* Your task:
Transcribe the listing below only from the line with "-- Code that" up to and including the line with "any_of (λ name.".

--- Task inputs ---

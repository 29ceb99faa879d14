-- ===== src/Server/Init.antt =====
-- The first initialization of the server's users: `initializeAuth`, `initEnvironmentPresent`,
-- `initialToken` of cmd/medb/auth.go and `envString` of cmd/medb/config.go. Nothing else uses the
-- database at that time. The environment is the function `getenv`, the token file what
-- `read_file` gives; `worker` is what the database's worker does until a commit is settled.
pub mod Calls
pub mod Stages
pub mod Resume
pub mod Finish
pub mod Restart
pub mod Admin
pub mod Marked
mod Tests
use medb.Base.{
  ℕ, Bool, true, false, ◌&&◌, ◌||◌, not, Option, none, some, List, [], ◌∷◌, ◌==◌, any_of, Bytes,
  bytes, bytes_eq, is_some, is_empty, if◌then◌else◌,
}
use medb.Name.{reserved_collection}
use medb.Result.{Error, Result, ok, err, not_found}
use medb.Codec.{Codec}
use medb.Db.{Db}
use medb.Db.Opening.{ℤ, pos}
use medb.Db.Run.{outcome}
use medb.Collection.{Typed, set_doc, count, collections}
use medb.Server.{Host}
use medb.Server.Roles.{Role, role_admin, valid_label}
use medb.Server.Auth.{
  ServerState, User, Token, AuthStore, state_collection, user_collection, token_collection,
  state_id, valid_state_record, get_state, get_user, get_token, valid_token, valid_user_record,
  valid_token_record, has_active_admin, trim_one_line_ending,
}
use medb.Server.Fresh.{Draws, drawn, draw_failed, drawing, unique_user_id}

-- The errors of `initializeAuth`, in the order in which it may return them, and those of
-- `recoverAuth` (Recover).
pub data InitError : Type 0 where
  bad_state admins_unreadable no_admin state_unreadable state_not_empty : InitError
  conflicting_collection : Bytes → InitError
  bad_admin_name not_one_source token_file_unreadable bad_token : InitError
  unrelated_records : InitError
  write_failed : Error → InitError
  token_unreadable conflicting_token conflicting_users : InitError
  user_unreadable conflicting_user not_validated : InitError
  random_failed : InitError
  open_failed close_failed : Error → InitError

-- How it ends: well, with an error, with the panic of `NewID`; or it goes on for ever, drawing ids or
-- waiting for a commit.
pub data Ending {ℓ} (A : Type ℓ) : Type ℓ where
  done : A → Ending A
  stops : InitError → Ending A
  aborted draws_on waits_on : Ending A

-- Code that stops at the first error and changes the database as it goes.
abbrev pub Init {ℓ} : Type ℓ → Type ℓ
Init A = Db → Ending A × Db

infixl 5 ◌>>=◌ ◌>>◌
abbrev pub ◌>>=◌ {ℓ κ} : {A : Type ℓ} {B : Type κ} → Init A → (A → Init B) → Init B
◌>>=◌ m f db =
    let (r, db') = m db in
    elim r [
      | done x ↦ f x db'
      | stops e ↦ (stops e, db')
      | aborted ↦ (aborted, db')
      | draws_on ↦ (draws_on, db')
      | waits_on ↦ (waits_on, db')
    ]

abbrev pub ◌>>◌ {ℓ} : {B : Type ℓ} → Init (Unit {0}) → Init B → Init B
m >> k = m >>= λ _. k

abbrev pub pure {ℓ} : {A : Type ℓ} → A → Init A
pure x db = (done x, db)

abbrev pub stop {ℓ} : {A : Type ℓ} → InitError → Init A
stop e db = (stops e, db)

abbrev pub GetEnv : Type 0
GetEnv = Bytes → Option Bytes

-- A variable that is set, and not to the empty string.
unfoldable pub env_value : GetEnv → Bytes → Option Bytes
env_value getenv name = elim (getenv name) [
  | none ↦ none
  | some value ↦ if is_empty value then none else some value
]

unfoldable pub env_string : GetEnv → Bytes → Bytes → Bytes
unfolding env_value
env_string getenv name fallback = elim (env_value getenv name) [
  | none ↦ fallback
  | some value ↦ value
]

unfoldable pub init_environment_present : GetEnv → Bool
unfolding env_value
init_environment_present getenv =
    any_of (λ name. is_some (env_value getenv name))
      (bytes "MEDB_INIT_ADMIN_NAME"
        ∷ (bytes "MEDB_INIT_ADMIN_TOKEN" ∷ (bytes "MEDB_INIT_ADMIN_TOKEN_FILE" ∷ [])))

-- The loop over `db.Collections()`: the first name that is in the way.
unfoldable pub in_the_way : Bytes → Bool
in_the_way name =
    reserved_collection name
    && not (
        any_of (λ n. bytes_eq n name)
          (state_collection ∷ (user_collection ∷ (token_collection ∷ []))))

unfoldable pub first_conflict : List Bytes → Option Bytes
unfolding in_the_way
first_conflict [] = none
first_conflict (name ∷ names) =
    let rest = first_conflict names in if in_the_way name then some name else rest

abbrev pub is_admin : Role → Bool
is_admin role_admin = true
is_admin _ = false

abbrev pub initial_label : Bytes
initial_label = bytes "initial"

module _ (h : Host) where
  -- The end of `initialToken`
  unfoldable pub checked_token : Bytes → Ending Bytes
  checked_token value = if not (valid_token h value) then stops bad_token else done value

  unfoldable pub initial_token : GetEnv → (Bytes → Option Bytes) → Ending Bytes
  unfolding checked_token env_value
  initial_token getenv read_file = elim (env_value getenv (bytes "MEDB_INIT_ADMIN_TOKEN")) [
    | some direct ↦ elim (env_value getenv (bytes "MEDB_INIT_ADMIN_TOKEN_FILE")) [
      | some _ ↦ stops not_one_source
      | none ↦ checked_token direct
    ]
    | none ↦ elim (env_value getenv (bytes "MEDB_INIT_ADMIN_TOKEN_FILE")) [
      | none ↦ stops not_one_source
      | some path ↦ elim (read_file path) [
        | none ↦ stops token_file_unreadable
        | some content ↦ checked_token (trim_one_line_ending content)
      ]
    ]
  ]

  module _ (a : AuthStore) (c : Codec) (worker : Db → Db) where
    -- `Set`, with the wait for its commit.
    unfoldable pub set_and_wait {ℓ} : {T : Type ℓ} → Typed T → Bytes → Bytes → T → Init (Unit {0})
    set_and_wait t name id doc db =
        let (r, db') = set_doc t name c id doc db in
        elim r [
          | err e ↦ (stops (write_failed e), db')
          | ok commit ↦
              let db'' = worker db' in
              elim (outcome commit db''.settled) [
                | none ↦ (waits_on, db'')
                | some none ↦ (done tt, db'')
                | some (some e) ↦ (stops (write_failed e), db'')
              ]
        ]

    -- The case of a state marker.
    unfoldable pub check_marker : ServerState → ℕ → Init (Unit {0})
    check_marker s now db =
        if not (valid_state_record s)
        then (stops bad_state, db)
        else elim (has_active_admin h a now db) [
          | none ↦ (stops admins_unreadable, db)
          | some false ↦ (stops no_admin, db)
          | some true ↦ (done tt, db)
        ]

    unfoldable pub create_initial_token : Draws → ℕ → Bytes → Init Token
    create_initial_token draws now tid db = elim (unique_user_id draws db) [
      | drawing ↦ (draws_on, db)
      | draw_failed ↦ (aborted, db)
      | drawn uid ↦
          let rec : Token = record {
            user_id = uid;
            label = initial_label;
            created_at = h.format_time now;
            expires_at = none;
          } in
          (set_and_wait a.tokens token_collection tid rec >> pure rec) db
    ]

    -- The first switch: the token's record, made now or found.
    unfoldable pub initial_record : Draws → ℕ → Bytes → Init Token
    initial_record draws now tid db = elim (get_token a tid db) [
      | err not_found ↦
          if not (count token_collection db == 0) || not (count user_collection db == 0)
          then (stops unrelated_records, db)
          else create_initial_token draws now tid db
      | err _ ↦ (stops token_unreadable, db)
      | ok rec ↦
          if not (count token_collection db == 1)
            || (not (valid_token_record h tid rec)
                || (not (bytes_eq rec.label initial_label) || is_some rec.expires_at))
          then (stops conflicting_token, db)
          else (done rec, db)
    ]

    -- The second switch: the user's record, made now or found.
    unfoldable pub initial_user : ℕ → Bytes → Bytes → Init User
    initial_user now name uid db = elim (get_user a uid db) [
      | err not_found ↦
          if not (count user_collection db == 0)
          then (stops conflicting_users, db)
          else (let user : User = record {
            user_name = name;
            role = role_admin;
            disabled = false;
            created_at = h.format_time now;
            updated_at = h.format_time now;
          } in
              (set_and_wait a.users user_collection uid user >> pure user) db)
      | err _ ↦ (stops user_unreadable, db)
      | ok user ↦
          if not (count user_collection db == 1)
            || (not (valid_user_record h uid user)
                || (not (bytes_eq user.user_name name)
                    || (not (is_admin user.role) || user.disabled)))
          then (stops conflicting_user, db)
          else (done user, db)
    ]

    -- From the checks of both records on.
    unfoldable pub finish_init : Bytes → Token → User → Init (Unit {0})
    finish_init tid rec user db =
        if not (valid_token_record h tid rec)
          || (not (valid_user_record h rec.user_id user)
              || (user.disabled || not (is_admin user.role)))
        then (stops not_validated, db)
        else set_and_wait a.state state_collection state_id
            (record { version = pos 1; auth_initialized = true }) db

    -- What follows when there is no marker and nothing is in the way, with the token at hand. The
    -- clock is read for the token's record and again for the user's.
    unfoldable pub create_admin : Draws → ℕ → ℕ → Bytes → Bytes → Init (Unit {0})
    create_admin draws now_token now_user name token = do
      rec ← initial_record draws now_token (h.digest token)
      user ← initial_user now_user name rec.user_id
      finish_init (h.digest token) rec user

    unfoldable pub initialize_auth :
        GetEnv → (Bytes → Option Bytes) → Draws → ℕ → ℕ → Init (Unit {0})
    initialize_auth getenv read_file draws now now_user db = elim (get_state a db) [
      | ok s ↦ check_marker s now db
      | err not_found ↦
          if not (count state_collection db == 0)
          then (stops state_not_empty, db)
          else elim (first_conflict (collections db)) [
            | some name ↦ (stops (conflicting_collection name), db)
            | none ↦
                let name = env_string getenv (bytes "MEDB_INIT_ADMIN_NAME") (bytes "admin") in
                if not (valid_label h name)
                then (stops bad_admin_name, db)
                else elim (initial_token getenv read_file) [
                  | done token ↦ create_admin draws now now_user name token db
                  | stops e ↦ (stops e, db)
                  | aborted ↦ (aborted, db)
                  | draws_on ↦ (draws_on, db)
                  | waits_on ↦ (waits_on, db)
                ]
          ]
      | err _ ↦ (stops state_unreadable, db)
    ]
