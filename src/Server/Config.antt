-- ===== src/Server/Config.antt =====
-- The configuration of `medb serve` and `medb auth recover`, and the choice of the command:
-- cmd/medb/config.go and `run` of cmd/medb/main.go. The flag package and the parsers of strconv and
-- time are the record `Parsers`, a parameter.
pub mod Accepted
mod Tests
use medb.Base.{
  ◌≡◌, refl, ◌⊎◌, inl, inr, ℕ, Bool, true, false, ◌&&◌, not, Option, none, some, List, [], ◌∷◌, leb,
  Bytes, bytes, bytes_eq, is_empty, if◌then◌else◌,
}
use medb.Db.Opening.{
  ℤ, pos, negsuc, is_not_positive, Setting, with_max_doc_size, with_flush_bytes,
  with_flush_interval,
}
use medb.Server.{Host}
use medb.Server.Roles.{valid_label}
use medb.Server.Init.{GetEnv, env_string}

pub data ConfigError : Type 0 where
  bad_flags unexpected_arguments no_dir no_listen bad_bool : ConfigError
  bad_max_doc_size bad_flush_bytes bad_flush_interval bad_max_id_size : ConfigError
  bad_max_request_size bad_shutdown_timeout request_too_small bad_name : ConfigError

pub data Parsed {ℓ} (A : Type ℓ) : Type ℓ where
  parsed : A → Parsed A
  rejected : ConfigError → Parsed A

infixl 5 ◌>>=◌ ◌>>◌
abbrev pub ◌>>=◌ {ℓ κ} : {A : Type ℓ} {B : Type κ} → Parsed A → (A → Parsed B) → Parsed B
parsed x >>= f = f x
rejected e >>= f = rejected e

abbrev pub ◌>>◌ {ℓ} : {B : Type ℓ} → Parsed (Unit {0}) → Parsed B → Parsed B
m >> k = m >>= λ _. k

abbrev pub refuse_if : Bool → ConfigError → Parsed (Unit {0})
refuse_if true e = rejected e
refuse_if false e = parsed tt

-- The values of the flags of `medb serve` as texts.
pub record RawConfig : Type 0 where
  pub dir : Bytes
  pub listen : Bytes
  pub no_auth : Bytes
  pub max_doc_size : Bytes
  pub flush_bytes : Bytes
  pub flush_interval : Bytes
  pub max_id_size : Bytes
  pub max_request_size : Bytes
  pub shutdown_timeout : Bytes

-- Those of `medb auth recover`; this is also `recoverConfig`.
pub record RecoverConfig : Type 0 where
  pub dir : Bytes
  pub name : Bytes

-- `serveConfig`, with durations in nanoseconds.
pub record ServeConfig : Type 0 where
  pub dir : Bytes
  pub listen : Bytes
  pub no_auth : Bool
  pub max_doc_size : ℤ
  pub flush_bytes : ℤ
  pub flush_interval : ℤ
  pub max_id_size : ℤ
  pub max_request_size : ℤ
  pub shutdown_timeout : ℤ

pub record Parsers : Type 0 where
  -- `fs.Parse(args)` from these defaults, with `fs.Args()`; the flag `-no-auth` takes its values
  -- through the given function.
  pub parse_flags :
      (Bytes → Option Bytes) → List Bytes → RawConfig → Option (RawConfig × List Bytes)
  pub parse_recover_flags : List Bytes → RecoverConfig → Option (RecoverConfig × List Bytes)
  -- strconv.ParseInt in base 10, for int (bit size 0) and int64; time.ParseDuration
  pub parse_int : Bytes → Option ℤ
  pub parse_int64 : Bytes → Option ℤ
  pub parse_duration : Bytes → Option ℤ
  -- strconv.ParseBool and strconv.FormatBool
  pub parse_bool : Bytes → Option Bool
  pub format_bool : Bool → Bytes

-- The defaults, where the environment does not give others.
unfoldable pub serve_defaults : GetEnv → RawConfig
serve_defaults getenv = record {
  dir = env_string getenv (bytes "MEDB_DIR") [];
  listen = env_string getenv (bytes "MEDB_LISTEN") (bytes "127.0.0.1:6332");
  no_auth = env_string getenv (bytes "MEDB_NO_AUTH") (bytes "false");
  max_doc_size = env_string getenv (bytes "MEDB_MAX_DOC_SIZE") (bytes "16777216");
  flush_bytes = env_string getenv (bytes "MEDB_FLUSH_BYTES") (bytes "67108864");
  flush_interval = env_string getenv (bytes "MEDB_FLUSH_INTERVAL") (bytes "5s");
  max_id_size = env_string getenv (bytes "MEDB_MAX_ID_SIZE") (bytes "65536");
  max_request_size = env_string getenv (bytes "MEDB_MAX_REQUEST_SIZE") (bytes "17825792");
  shutdown_timeout = env_string getenv (bytes "MEDB_SHUTDOWN_TIMEOUT") (bytes "10s");
}

-- x <= y
unfoldable pub leb_ℤ : ℤ → ℤ → Bool
leb_ℤ (pos m) (pos n) = leb m n
leb_ℤ (pos m) (negsuc n) = false
leb_ℤ (negsuc m) (pos n) = true
leb_ℤ (negsuc m) (negsuc n) = leb n m

-- `parsePositiveInt`, `parsePositiveInt64` and `parsePositiveDuration`, after the parser they call.
unfoldable pub positive : Option ℤ → ConfigError → Parsed ℤ
positive none e = rejected e
positive (some n) e = if is_not_positive n then rejected e else parsed n

module _ (p : Parsers) where
  -- `boolFlagValue.Set`: the text that is kept.
  unfoldable pub set_bool_flag : Bytes → Option Bytes
  set_bool_flag value = elim (p.parse_bool value) [ none ↦ none | some b ↦ some (p.format_bool b) ]

  unfoldable pub parse_bool_value : Bytes → Parsed Bool
  parse_bool_value value = elim (p.parse_bool value) [
    | none ↦ rejected bad_bool
    | some b ↦ parsed b
  ]

  -- The checks after the flags are parsed.
  unfoldable pub check_serve_config : RawConfig → List Bytes → Parsed ServeConfig
  unfolding positive parse_bool_value
  check_serve_config raw rest = do
    refuse_if (not (is_empty rest)) unexpected_arguments
    refuse_if (is_empty raw.dir) no_dir
    refuse_if (is_empty raw.listen) no_listen
    no_auth ← parse_bool_value raw.no_auth
    max_doc_size ← positive (p.parse_int raw.max_doc_size) bad_max_doc_size
    flush_bytes ← positive (p.parse_int64 raw.flush_bytes) bad_flush_bytes
    flush_interval ← positive (p.parse_duration raw.flush_interval) bad_flush_interval
    max_id_size ← positive (p.parse_int raw.max_id_size) bad_max_id_size
    max_request_size ← positive (p.parse_int64 raw.max_request_size) bad_max_request_size
    shutdown_timeout ← positive (p.parse_duration raw.shutdown_timeout) bad_shutdown_timeout
    refuse_if (leb_ℤ max_request_size max_doc_size) request_too_small
    parsed (record {
      dir = raw.dir;
      listen = raw.listen;
      no_auth = no_auth;
      max_doc_size = max_doc_size;
      flush_bytes = flush_bytes;
      flush_interval = flush_interval;
      max_id_size = max_id_size;
      max_request_size = max_request_size;
      shutdown_timeout = shutdown_timeout;
    })

  unfoldable pub parse_serve_config : List Bytes → GetEnv → Parsed ServeConfig
  unfolding set_bool_flag
  parse_serve_config args getenv = elim (p.parse_flags set_bool_flag args (serve_defaults getenv)) [
    | none ↦ rejected bad_flags
    | some (raw, rest) ↦ check_serve_config raw rest
  ]

  unfoldable pub parse_recover_config : Host → List Bytes → Parsed RecoverConfig
  parse_recover_config h args = elim (p.parse_recover_flags args (record { dir = []; name = [] })) [
    | none ↦ rejected bad_flags
    | some (cfg, rest) ↦ do
      refuse_if (not (is_empty rest)) unexpected_arguments
      refuse_if (is_empty cfg.dir) no_dir
      refuse_if (not (valid_label h cfg.name)) bad_name
      parsed cfg
  ]

-- The settings that `serve` passes to `medb.Open`.
unfoldable pub open_settings : ServeConfig → List Setting
open_settings cfg =
    with_max_doc_size cfg.max_doc_size
    ∷ (with_flush_bytes cfg.flush_bytes ∷ (with_flush_interval cfg.flush_interval ∷ []))

-- `run`: which command the arguments name, with its own arguments.
pub data Command : Type 0 where
  serve_command recover_command : List Bytes → Command
  token_generate : Command
  command_required token_usage auth_usage : Command
  unknown_command : Bytes → Command

unfoldable pub token_command : List Bytes → Command
token_command (arg ∷ []) = if bytes_eq arg (bytes "generate") then token_generate else token_usage
token_command _ = token_usage

unfoldable pub auth_command : List Bytes → Command
auth_command [] = auth_usage
auth_command (arg ∷ args) =
    if bytes_eq arg (bytes "recover") then recover_command args else auth_usage

unfoldable pub choose_command : List Bytes → Command
unfolding token_command auth_command
choose_command [] = command_required
choose_command (arg ∷ args) =
    if bytes_eq arg (bytes "serve")
    then serve_command args
    else if bytes_eq arg (bytes "token")
    then token_command args
    else if bytes_eq arg (bytes "auth")
    then auth_command args
    else unknown_command arg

---

* Solution:
-- Code that stops at the first error and changes the database as it goes.
abbrev pub Init {ℓ} : Type ℓ → Type ℓ
Init A = Db → Ending A × Db

infixl 5 ◌>>=◌ ◌>>◌
abbrev pub ◌>>=◌ {ℓ κ} : {A : Type ℓ} {B : Type κ} → Init A → (A → Init B) → Init B
◌>>=◌ m f db =
    let (r, db') = m db in
    elim r [
      | done x ↦ f x db'
      | stops e ↦ (stops e, db')
      | aborted ↦ (aborted, db')
      | draws_on ↦ (draws_on, db')
      | waits_on ↦ (waits_on, db')
    ]

abbrev pub ◌>>◌ {ℓ} : {B : Type ℓ} → Init (Unit {0}) → Init B → Init B
m >> k = m >>= λ _. k

abbrev pub pure {ℓ} : {A : Type ℓ} → A → Init A
pure x db = (done x, db)

abbrev pub stop {ℓ} : {A : Type ℓ} → InitError → Init A
stop e db = (stops e, db)

abbrev pub GetEnv : Type 0
GetEnv = Bytes → Option Bytes

-- A variable that is set, and not to the empty string.
unfoldable pub env_value : GetEnv → Bytes → Option Bytes
env_value getenv name = elim (getenv name) [
  | none ↦ none
  | some value ↦ if is_empty value then none else some value
]

unfoldable pub env_string : GetEnv → Bytes → Bytes → Bytes
unfolding env_value
env_string getenv name fallback = elim (env_value getenv name) [
  | none ↦ fallback
  | some value ↦ value
]

unfoldable pub init_environment_present : GetEnv → Bool
unfolding env_value
init_environment_present getenv =
    any_of (λ name. is_some (env_value getenv name))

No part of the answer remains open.